About this exercise: Only the lines holding the string "record" are needed; copy each of them from the data.

Given data:
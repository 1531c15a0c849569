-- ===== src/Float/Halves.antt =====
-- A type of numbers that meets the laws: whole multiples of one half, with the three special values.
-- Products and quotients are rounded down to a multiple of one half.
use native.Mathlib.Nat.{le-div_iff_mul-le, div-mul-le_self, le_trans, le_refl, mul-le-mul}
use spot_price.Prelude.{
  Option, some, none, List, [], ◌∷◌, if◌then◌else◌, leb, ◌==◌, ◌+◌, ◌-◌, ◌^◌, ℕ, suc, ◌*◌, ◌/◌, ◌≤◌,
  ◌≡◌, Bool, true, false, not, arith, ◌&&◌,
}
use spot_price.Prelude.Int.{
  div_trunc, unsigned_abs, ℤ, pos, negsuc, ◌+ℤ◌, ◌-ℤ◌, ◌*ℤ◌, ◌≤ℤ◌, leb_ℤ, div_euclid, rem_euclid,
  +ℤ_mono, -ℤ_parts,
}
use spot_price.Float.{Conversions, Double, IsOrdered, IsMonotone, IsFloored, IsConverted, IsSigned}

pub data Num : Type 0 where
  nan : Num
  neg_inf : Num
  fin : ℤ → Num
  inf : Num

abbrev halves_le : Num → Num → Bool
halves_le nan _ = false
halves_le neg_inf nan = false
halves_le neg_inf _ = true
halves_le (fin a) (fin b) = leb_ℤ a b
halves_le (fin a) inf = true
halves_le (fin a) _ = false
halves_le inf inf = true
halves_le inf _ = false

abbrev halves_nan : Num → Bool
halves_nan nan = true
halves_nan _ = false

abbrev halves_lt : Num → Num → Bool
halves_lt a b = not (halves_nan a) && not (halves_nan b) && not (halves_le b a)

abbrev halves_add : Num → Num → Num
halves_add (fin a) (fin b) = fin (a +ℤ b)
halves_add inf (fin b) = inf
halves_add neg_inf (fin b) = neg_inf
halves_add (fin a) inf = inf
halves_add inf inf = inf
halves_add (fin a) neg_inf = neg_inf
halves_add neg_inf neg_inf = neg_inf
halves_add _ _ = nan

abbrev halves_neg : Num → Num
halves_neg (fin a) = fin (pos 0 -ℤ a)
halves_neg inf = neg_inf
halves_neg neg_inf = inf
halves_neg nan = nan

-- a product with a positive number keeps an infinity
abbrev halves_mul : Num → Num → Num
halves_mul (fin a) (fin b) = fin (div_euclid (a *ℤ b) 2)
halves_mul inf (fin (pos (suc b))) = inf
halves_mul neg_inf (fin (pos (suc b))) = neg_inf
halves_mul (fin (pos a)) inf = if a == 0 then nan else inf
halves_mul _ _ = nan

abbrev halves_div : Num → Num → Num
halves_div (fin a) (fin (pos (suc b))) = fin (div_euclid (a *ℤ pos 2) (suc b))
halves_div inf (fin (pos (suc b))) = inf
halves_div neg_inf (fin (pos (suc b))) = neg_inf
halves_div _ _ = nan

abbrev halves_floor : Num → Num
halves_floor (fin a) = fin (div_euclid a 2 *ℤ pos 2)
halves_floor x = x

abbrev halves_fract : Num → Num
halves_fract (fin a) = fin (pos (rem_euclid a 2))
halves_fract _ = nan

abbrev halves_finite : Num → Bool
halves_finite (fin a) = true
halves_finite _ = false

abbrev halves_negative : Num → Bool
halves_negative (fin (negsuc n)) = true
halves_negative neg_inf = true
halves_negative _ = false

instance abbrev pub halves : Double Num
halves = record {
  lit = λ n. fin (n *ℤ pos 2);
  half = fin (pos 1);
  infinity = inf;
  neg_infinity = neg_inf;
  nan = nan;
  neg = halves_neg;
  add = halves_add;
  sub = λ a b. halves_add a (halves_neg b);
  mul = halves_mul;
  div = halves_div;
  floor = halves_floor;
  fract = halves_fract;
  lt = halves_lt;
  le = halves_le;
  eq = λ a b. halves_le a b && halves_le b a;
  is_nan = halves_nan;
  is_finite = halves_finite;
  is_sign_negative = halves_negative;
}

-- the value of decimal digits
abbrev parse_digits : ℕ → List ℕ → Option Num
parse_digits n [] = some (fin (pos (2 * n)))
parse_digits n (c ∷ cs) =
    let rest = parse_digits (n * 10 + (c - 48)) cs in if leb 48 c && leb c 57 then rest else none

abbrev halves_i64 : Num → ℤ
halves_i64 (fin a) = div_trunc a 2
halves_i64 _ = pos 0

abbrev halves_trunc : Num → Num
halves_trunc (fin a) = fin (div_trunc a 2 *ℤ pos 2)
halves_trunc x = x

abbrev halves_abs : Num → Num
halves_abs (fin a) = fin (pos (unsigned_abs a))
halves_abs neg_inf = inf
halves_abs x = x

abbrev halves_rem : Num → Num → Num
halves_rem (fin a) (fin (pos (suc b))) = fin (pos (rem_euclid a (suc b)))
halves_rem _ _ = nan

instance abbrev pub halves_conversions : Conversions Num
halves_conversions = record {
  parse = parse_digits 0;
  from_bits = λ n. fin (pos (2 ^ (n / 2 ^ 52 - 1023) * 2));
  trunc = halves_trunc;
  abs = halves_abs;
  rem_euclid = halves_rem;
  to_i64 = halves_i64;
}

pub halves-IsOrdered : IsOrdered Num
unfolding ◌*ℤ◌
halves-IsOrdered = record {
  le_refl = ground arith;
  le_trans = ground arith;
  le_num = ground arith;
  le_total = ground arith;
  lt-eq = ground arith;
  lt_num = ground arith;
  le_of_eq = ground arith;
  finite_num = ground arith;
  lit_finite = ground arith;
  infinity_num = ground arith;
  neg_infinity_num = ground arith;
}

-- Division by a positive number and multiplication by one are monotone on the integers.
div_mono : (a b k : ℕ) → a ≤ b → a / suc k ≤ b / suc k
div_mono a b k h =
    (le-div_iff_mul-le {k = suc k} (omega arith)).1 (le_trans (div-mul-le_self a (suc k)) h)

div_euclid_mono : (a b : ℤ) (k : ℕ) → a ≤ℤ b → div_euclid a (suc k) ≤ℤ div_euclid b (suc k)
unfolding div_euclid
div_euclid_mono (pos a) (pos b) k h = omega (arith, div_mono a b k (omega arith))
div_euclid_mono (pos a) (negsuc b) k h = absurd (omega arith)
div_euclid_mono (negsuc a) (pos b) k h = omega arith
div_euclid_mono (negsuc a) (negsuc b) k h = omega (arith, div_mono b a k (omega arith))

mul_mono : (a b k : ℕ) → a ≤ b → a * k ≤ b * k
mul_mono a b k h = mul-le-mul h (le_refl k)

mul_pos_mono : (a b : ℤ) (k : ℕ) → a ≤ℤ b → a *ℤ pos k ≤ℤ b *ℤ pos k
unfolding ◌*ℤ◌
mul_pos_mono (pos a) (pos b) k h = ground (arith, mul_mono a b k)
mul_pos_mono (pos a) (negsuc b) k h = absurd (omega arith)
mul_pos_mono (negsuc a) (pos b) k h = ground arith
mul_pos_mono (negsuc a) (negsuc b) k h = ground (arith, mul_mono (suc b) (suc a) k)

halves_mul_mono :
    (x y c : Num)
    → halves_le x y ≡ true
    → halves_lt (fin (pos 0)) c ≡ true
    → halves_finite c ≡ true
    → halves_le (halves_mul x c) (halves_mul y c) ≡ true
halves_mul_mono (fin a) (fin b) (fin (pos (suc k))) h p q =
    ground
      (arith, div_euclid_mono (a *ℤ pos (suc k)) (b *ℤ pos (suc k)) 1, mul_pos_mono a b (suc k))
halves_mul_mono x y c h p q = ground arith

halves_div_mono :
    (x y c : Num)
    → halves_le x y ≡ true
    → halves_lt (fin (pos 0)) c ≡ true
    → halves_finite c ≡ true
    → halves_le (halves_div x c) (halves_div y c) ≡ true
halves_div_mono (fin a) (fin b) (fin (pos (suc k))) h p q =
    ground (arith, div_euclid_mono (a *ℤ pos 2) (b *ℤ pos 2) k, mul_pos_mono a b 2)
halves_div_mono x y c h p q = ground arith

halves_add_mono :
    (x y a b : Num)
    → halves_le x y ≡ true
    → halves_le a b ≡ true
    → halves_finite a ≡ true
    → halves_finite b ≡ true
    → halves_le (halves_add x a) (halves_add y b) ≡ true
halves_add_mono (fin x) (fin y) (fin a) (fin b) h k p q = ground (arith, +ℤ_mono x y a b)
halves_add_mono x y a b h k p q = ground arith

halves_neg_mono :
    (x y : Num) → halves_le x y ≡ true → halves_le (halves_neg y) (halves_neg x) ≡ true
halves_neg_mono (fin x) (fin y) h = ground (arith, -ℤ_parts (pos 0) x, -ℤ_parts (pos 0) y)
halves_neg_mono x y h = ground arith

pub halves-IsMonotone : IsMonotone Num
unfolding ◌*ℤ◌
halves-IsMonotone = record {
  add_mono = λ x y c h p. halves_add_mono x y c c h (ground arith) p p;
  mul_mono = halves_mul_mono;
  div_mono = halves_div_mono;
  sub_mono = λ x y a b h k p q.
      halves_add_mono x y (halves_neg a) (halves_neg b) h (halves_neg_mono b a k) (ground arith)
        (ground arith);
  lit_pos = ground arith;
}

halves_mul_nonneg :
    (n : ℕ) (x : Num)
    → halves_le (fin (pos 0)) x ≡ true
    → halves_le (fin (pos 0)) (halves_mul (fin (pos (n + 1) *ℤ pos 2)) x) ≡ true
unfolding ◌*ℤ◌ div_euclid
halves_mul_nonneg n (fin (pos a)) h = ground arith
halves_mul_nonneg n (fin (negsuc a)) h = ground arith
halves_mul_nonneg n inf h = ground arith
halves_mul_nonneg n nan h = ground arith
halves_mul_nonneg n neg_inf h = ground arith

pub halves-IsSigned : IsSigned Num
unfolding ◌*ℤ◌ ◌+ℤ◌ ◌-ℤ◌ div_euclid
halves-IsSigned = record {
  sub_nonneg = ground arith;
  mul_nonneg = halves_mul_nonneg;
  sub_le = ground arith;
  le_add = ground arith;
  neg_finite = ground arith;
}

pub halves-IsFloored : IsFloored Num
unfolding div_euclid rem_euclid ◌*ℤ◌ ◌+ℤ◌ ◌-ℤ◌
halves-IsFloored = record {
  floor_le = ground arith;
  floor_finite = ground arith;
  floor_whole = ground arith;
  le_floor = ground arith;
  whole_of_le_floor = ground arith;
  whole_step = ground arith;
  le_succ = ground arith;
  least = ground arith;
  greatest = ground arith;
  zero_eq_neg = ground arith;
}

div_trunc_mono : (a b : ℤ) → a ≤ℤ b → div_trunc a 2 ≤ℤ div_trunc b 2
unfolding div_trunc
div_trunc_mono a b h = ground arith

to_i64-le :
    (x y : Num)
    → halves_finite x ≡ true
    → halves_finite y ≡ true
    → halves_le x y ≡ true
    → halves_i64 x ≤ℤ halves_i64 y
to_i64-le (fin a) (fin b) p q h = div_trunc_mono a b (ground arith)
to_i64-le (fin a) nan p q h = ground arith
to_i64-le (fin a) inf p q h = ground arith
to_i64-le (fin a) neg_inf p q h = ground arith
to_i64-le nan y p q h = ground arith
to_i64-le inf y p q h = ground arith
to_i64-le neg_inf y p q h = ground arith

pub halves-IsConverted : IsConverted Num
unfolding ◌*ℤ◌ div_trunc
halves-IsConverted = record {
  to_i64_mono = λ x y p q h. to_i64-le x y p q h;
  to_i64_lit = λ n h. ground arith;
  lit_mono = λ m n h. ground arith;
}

Answer area:
halves = record {
halves_conversions = record {
halves-IsOrdered = record {
halves-IsMonotone = record {
halves-IsSigned = record {
halves-IsFloored = record {
halves-IsConverted = record {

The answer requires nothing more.